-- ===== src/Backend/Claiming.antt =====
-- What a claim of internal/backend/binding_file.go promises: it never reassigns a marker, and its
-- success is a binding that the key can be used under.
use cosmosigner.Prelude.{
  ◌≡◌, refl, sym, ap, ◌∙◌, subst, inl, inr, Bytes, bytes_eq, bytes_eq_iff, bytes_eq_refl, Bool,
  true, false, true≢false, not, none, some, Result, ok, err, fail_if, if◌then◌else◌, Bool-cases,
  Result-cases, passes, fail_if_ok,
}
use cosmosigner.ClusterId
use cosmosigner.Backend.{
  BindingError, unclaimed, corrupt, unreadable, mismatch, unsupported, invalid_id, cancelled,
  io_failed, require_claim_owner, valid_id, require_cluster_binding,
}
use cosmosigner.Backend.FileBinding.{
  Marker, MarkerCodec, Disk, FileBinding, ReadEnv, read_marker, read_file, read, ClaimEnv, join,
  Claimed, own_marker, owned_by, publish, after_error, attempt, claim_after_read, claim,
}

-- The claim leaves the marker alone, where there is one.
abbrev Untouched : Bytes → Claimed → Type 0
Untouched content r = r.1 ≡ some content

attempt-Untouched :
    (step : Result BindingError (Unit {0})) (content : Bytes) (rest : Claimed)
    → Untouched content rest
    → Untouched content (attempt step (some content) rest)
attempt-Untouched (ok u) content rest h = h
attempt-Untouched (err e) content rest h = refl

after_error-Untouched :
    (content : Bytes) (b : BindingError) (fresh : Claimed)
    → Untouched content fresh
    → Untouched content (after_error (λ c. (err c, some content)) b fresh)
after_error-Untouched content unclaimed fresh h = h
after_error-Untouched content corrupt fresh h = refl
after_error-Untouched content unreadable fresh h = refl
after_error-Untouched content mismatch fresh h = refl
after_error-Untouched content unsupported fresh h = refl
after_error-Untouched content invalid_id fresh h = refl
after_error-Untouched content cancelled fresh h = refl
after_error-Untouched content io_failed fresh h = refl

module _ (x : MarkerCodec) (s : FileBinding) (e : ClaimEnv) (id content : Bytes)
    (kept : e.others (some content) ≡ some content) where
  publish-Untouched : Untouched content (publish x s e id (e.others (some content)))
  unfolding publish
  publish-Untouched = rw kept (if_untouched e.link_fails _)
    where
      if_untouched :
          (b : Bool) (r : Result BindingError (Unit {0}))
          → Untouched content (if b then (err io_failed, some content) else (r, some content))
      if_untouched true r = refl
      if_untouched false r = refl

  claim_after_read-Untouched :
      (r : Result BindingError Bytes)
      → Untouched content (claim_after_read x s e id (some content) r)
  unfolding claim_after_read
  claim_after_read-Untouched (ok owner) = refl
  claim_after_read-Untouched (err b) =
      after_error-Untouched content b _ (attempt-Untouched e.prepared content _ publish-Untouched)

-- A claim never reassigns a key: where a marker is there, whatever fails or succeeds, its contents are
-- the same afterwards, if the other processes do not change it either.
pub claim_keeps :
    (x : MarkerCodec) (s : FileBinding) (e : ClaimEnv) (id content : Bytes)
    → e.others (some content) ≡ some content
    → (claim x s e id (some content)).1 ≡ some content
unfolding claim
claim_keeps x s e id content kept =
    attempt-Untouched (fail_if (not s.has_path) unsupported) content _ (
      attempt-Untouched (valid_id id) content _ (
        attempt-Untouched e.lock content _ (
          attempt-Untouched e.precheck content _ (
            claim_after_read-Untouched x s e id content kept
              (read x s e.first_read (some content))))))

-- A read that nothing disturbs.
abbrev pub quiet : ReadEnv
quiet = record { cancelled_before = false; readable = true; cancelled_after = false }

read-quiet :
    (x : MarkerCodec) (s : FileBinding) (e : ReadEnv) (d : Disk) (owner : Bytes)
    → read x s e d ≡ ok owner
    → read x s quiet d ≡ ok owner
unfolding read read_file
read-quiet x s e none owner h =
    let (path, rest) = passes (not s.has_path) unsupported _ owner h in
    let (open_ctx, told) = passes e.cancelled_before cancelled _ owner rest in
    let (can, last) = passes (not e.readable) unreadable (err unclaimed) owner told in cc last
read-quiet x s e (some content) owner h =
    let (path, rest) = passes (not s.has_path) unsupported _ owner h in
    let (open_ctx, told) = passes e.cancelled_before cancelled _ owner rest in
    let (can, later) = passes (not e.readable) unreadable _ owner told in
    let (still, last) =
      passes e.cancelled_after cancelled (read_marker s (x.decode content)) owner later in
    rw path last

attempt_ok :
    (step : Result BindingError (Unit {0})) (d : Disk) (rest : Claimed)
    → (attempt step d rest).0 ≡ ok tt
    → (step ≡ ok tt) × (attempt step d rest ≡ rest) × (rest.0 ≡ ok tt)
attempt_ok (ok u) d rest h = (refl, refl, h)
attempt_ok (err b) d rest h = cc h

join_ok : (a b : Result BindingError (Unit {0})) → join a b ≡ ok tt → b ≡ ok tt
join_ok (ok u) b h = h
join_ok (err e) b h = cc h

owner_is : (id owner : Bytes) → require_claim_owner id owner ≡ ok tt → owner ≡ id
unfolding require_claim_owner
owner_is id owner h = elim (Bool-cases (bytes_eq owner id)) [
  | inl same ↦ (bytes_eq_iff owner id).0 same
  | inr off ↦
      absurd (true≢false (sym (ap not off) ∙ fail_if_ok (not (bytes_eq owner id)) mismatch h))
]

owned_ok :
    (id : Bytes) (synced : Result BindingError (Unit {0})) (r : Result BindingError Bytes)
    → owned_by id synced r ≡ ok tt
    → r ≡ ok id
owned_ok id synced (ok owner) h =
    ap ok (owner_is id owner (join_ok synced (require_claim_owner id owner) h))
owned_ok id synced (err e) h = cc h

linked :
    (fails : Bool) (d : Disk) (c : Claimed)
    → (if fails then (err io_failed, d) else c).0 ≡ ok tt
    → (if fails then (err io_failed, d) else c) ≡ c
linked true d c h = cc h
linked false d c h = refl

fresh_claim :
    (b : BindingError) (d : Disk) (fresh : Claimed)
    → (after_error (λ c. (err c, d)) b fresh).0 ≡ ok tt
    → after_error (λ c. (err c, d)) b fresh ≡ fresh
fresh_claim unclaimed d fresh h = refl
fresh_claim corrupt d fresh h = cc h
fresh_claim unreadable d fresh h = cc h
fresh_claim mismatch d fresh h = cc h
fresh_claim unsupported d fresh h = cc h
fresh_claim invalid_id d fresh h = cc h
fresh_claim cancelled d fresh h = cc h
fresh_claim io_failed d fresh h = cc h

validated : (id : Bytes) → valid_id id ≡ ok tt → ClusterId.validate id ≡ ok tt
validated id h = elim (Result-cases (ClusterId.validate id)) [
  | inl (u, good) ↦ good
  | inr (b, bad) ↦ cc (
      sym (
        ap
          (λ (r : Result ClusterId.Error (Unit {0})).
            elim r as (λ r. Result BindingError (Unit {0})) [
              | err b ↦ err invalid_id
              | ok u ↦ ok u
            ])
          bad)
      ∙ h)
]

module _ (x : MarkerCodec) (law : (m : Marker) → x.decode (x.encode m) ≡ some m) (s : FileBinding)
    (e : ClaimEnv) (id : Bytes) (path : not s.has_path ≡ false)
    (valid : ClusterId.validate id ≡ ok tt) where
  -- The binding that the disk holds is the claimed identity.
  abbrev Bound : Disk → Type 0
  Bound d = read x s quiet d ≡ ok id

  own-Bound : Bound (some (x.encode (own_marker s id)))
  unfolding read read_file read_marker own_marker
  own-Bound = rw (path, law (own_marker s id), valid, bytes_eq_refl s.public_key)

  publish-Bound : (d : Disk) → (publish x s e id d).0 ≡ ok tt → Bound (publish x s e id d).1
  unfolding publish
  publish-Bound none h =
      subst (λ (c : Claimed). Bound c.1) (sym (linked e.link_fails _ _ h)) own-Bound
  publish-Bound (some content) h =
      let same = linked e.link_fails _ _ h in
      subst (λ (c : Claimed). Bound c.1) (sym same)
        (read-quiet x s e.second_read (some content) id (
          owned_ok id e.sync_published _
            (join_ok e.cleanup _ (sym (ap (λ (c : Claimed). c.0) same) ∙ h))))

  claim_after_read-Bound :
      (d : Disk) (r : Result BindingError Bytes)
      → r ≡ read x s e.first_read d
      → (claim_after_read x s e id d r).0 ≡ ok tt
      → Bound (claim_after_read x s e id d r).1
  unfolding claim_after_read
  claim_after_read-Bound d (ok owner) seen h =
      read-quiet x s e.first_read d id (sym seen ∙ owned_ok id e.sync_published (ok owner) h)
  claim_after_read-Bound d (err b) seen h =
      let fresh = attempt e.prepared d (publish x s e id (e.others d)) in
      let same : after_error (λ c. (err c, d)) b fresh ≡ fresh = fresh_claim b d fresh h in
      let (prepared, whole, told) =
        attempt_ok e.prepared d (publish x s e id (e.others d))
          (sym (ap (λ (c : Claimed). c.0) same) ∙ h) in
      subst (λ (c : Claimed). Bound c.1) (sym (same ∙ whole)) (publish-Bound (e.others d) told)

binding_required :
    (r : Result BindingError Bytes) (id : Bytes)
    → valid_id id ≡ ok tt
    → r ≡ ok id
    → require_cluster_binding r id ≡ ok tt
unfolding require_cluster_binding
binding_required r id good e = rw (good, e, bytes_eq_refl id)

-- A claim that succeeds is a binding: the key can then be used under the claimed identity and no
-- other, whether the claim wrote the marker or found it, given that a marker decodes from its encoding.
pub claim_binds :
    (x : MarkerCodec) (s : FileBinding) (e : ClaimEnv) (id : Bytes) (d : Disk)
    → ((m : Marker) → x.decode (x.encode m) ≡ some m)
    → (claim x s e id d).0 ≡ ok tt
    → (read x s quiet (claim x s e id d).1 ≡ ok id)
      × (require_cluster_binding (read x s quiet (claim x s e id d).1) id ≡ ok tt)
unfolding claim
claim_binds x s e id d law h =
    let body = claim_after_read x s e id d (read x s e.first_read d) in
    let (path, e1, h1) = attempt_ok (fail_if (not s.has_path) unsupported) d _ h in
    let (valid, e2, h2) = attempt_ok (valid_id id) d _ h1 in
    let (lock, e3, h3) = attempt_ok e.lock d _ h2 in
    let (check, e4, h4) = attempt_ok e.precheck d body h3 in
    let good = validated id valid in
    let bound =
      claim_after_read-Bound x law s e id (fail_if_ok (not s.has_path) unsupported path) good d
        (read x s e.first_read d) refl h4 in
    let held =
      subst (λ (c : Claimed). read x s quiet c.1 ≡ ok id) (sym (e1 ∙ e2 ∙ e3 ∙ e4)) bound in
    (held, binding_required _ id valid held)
*****
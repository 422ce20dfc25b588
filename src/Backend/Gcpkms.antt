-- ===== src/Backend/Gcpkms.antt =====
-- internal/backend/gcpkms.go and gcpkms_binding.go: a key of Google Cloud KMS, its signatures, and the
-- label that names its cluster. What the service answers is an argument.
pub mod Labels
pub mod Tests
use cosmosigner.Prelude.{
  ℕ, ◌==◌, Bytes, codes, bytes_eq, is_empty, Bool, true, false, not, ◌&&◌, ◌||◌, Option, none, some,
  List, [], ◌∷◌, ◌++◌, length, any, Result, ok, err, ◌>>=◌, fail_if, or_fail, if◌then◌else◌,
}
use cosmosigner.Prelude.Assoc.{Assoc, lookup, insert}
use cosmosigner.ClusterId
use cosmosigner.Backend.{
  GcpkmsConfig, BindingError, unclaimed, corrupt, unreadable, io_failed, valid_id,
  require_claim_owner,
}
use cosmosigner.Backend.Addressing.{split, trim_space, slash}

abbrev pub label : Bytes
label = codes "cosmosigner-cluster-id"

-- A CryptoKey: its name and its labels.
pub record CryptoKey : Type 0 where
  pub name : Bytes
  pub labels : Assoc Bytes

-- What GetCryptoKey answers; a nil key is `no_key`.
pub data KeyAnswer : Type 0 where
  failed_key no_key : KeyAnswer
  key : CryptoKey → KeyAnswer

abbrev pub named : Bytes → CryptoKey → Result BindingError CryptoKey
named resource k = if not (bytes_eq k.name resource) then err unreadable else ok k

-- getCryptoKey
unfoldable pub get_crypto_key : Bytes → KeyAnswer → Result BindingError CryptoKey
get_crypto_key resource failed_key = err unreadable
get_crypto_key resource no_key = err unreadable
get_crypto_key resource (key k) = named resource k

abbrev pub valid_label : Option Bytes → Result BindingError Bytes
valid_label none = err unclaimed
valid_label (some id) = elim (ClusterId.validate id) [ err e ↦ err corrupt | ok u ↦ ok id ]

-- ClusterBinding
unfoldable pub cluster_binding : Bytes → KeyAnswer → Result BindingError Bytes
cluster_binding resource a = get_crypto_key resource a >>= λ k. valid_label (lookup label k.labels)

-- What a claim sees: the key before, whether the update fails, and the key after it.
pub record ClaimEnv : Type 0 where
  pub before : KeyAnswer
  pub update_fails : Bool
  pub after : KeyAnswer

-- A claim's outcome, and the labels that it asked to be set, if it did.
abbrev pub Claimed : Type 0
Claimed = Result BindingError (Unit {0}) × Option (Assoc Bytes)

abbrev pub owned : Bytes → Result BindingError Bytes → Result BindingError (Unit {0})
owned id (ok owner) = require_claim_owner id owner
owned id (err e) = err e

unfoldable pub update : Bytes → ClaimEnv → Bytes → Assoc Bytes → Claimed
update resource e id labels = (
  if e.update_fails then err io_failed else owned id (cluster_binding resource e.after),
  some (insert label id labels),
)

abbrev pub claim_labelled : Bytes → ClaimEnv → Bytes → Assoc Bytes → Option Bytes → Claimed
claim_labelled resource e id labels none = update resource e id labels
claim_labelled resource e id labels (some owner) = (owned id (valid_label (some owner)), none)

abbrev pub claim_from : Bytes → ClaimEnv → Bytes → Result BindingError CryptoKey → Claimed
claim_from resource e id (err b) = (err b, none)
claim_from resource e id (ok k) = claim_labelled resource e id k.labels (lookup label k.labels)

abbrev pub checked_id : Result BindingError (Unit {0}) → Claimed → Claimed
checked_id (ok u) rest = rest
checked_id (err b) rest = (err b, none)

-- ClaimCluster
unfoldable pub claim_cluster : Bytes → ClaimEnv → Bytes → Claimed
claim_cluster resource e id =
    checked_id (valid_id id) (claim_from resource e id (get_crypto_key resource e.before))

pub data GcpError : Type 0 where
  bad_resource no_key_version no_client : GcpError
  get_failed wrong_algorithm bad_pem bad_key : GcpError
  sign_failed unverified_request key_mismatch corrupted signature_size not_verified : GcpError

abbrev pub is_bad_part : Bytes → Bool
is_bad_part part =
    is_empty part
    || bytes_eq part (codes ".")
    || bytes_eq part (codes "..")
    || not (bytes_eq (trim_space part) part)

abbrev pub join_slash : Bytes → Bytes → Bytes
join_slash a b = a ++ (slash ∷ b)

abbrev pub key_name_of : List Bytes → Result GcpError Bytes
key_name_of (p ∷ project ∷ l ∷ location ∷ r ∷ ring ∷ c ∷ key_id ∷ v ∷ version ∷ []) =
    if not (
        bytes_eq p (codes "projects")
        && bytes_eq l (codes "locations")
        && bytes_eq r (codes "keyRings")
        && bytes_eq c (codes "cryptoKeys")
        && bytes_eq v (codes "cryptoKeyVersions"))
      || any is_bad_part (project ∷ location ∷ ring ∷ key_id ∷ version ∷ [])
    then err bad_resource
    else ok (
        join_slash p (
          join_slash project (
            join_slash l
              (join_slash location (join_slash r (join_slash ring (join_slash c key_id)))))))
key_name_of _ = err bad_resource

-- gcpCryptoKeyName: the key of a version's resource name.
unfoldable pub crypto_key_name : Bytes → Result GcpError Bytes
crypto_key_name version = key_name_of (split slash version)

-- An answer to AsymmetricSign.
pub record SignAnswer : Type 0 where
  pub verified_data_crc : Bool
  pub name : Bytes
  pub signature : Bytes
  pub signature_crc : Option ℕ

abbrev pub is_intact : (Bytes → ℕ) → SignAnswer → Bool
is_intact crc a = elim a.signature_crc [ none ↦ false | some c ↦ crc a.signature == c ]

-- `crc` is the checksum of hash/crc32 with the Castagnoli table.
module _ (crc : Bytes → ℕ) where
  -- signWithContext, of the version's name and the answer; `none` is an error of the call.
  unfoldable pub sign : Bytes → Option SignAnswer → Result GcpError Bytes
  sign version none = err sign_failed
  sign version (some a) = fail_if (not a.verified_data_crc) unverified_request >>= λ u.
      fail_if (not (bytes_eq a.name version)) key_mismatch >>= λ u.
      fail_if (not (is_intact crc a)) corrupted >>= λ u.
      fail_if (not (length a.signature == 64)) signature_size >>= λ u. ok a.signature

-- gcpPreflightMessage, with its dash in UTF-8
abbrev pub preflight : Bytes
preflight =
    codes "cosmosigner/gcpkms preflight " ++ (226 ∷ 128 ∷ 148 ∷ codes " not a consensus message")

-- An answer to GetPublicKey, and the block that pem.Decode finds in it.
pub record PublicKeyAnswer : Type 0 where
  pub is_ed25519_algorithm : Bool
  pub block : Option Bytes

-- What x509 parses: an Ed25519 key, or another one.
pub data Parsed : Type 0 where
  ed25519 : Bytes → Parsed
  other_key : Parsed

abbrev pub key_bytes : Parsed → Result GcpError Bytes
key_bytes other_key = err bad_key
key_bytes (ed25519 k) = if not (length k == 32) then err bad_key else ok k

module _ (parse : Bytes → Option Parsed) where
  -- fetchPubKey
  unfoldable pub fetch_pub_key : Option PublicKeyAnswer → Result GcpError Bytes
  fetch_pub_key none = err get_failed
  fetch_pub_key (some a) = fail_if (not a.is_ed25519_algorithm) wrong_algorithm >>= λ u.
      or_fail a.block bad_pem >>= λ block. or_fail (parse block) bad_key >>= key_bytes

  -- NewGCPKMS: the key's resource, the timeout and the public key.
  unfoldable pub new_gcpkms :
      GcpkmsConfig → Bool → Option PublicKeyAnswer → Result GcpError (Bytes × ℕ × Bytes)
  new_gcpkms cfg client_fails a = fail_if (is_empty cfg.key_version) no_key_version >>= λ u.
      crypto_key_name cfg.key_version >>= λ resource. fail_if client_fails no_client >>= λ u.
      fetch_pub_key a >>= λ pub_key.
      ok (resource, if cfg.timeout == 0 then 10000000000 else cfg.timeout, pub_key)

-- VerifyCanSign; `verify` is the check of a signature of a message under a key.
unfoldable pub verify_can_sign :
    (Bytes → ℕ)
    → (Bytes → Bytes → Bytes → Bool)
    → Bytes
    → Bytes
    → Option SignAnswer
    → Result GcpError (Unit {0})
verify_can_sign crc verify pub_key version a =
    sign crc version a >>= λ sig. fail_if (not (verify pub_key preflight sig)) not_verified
*****
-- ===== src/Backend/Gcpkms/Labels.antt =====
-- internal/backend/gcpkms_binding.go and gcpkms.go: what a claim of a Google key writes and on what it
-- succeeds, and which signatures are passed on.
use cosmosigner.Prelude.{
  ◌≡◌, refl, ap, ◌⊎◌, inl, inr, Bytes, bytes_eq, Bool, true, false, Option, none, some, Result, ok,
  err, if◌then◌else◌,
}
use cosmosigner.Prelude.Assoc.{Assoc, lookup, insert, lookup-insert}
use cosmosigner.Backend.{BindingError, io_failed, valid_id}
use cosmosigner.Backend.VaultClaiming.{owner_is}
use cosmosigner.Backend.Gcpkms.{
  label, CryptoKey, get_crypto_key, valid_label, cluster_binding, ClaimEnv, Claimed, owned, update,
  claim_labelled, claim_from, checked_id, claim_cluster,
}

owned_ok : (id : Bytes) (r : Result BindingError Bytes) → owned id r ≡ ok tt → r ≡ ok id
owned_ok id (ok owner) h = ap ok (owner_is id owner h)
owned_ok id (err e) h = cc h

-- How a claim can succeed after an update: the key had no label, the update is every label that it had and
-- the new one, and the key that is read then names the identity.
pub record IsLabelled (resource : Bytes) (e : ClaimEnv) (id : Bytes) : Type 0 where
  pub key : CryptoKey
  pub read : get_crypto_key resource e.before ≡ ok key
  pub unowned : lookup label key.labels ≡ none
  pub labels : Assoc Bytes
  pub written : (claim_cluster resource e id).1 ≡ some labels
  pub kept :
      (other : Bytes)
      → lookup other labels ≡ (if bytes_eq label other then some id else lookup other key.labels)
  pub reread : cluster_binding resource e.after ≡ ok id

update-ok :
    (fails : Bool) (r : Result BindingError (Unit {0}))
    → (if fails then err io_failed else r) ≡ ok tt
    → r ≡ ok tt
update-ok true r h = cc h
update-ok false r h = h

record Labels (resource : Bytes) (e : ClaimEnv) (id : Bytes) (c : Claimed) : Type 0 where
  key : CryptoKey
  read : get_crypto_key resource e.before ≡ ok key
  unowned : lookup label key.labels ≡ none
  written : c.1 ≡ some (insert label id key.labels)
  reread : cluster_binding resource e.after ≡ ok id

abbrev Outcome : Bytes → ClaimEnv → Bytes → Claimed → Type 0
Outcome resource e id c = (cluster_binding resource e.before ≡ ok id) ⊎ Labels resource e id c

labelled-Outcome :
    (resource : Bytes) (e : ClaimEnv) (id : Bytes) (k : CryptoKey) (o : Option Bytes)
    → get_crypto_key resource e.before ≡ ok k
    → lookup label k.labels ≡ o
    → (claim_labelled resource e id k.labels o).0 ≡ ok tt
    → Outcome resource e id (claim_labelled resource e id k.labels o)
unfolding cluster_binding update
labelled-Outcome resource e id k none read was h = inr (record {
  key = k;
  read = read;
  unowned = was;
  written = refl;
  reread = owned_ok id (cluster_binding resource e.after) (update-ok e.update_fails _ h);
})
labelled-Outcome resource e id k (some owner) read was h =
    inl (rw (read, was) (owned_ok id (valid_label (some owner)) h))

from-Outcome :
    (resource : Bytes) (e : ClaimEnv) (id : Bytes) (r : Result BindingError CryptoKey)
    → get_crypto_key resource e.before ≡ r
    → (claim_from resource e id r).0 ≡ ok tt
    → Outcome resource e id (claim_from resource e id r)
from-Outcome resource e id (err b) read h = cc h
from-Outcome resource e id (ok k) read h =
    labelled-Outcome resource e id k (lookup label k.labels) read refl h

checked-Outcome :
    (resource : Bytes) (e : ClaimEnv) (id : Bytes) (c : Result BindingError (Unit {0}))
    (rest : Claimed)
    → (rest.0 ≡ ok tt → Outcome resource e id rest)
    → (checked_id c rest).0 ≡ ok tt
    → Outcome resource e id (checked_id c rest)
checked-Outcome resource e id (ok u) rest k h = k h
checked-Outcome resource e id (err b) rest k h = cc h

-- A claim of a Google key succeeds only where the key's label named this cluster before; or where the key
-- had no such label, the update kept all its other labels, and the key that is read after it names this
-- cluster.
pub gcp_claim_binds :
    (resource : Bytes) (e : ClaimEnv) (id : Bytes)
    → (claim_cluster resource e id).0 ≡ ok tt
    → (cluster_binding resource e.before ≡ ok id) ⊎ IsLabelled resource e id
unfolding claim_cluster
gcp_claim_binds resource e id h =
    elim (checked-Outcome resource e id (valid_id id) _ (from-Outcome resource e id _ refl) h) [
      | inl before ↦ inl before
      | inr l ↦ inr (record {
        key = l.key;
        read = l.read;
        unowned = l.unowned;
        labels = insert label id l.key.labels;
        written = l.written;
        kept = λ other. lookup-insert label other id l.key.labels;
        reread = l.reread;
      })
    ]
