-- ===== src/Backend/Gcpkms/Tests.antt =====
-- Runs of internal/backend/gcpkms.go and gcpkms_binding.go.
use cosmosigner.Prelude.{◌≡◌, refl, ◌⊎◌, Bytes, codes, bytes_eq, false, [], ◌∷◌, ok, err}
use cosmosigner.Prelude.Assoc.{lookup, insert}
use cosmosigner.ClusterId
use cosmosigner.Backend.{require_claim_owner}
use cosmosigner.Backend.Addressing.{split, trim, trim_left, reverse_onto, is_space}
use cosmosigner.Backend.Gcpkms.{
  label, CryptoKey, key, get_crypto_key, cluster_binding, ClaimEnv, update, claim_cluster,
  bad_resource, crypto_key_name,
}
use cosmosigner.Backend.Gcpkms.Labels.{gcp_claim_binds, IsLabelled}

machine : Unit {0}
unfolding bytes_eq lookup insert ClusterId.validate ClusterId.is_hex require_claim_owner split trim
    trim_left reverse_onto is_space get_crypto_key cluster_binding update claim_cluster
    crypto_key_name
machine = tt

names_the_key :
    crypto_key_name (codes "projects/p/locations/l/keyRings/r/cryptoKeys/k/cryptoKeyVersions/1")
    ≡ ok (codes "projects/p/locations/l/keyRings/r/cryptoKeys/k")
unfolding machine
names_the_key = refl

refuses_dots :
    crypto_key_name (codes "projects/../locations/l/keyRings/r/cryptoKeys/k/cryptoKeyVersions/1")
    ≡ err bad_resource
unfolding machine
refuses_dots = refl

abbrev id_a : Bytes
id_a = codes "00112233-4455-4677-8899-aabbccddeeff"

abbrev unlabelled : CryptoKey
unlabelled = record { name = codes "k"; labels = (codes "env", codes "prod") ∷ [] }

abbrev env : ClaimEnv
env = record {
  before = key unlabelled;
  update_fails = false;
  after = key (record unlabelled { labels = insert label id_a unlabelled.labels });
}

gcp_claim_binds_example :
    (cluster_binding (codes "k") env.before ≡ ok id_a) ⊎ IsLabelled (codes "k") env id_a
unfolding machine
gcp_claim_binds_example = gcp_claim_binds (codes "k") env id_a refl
*****
What are the lines above, starting at the one with "-- the new one, and" and ending at the one with "update-ok false r h = h"? Give them again exactly, and only them.

-- the new one, and the key that is read then names the identity.
pub record IsLabelled (resource : Bytes) (e : ClaimEnv) (id : Bytes) : Type 0 where
  pub key : CryptoKey
  pub read : get_crypto_key resource e.before ≡ ok key
  pub unowned : lookup label key.labels ≡ none
  pub labels : Assoc Bytes
  pub written : (claim_cluster resource e id).1 ≡ some labels
  pub kept :
      (other : Bytes)
      → lookup other labels ≡ (if bytes_eq label other then some id else lookup other key.labels)
  pub reread : cluster_binding resource e.after ≡ ok id

update-ok :
    (fails : Bool) (r : Result BindingError (Unit {0}))
    → (if fails then err io_failed else r) ≡ ok tt
    → r ≡ ok tt
update-ok true r h = cc h
update-ok false r h = h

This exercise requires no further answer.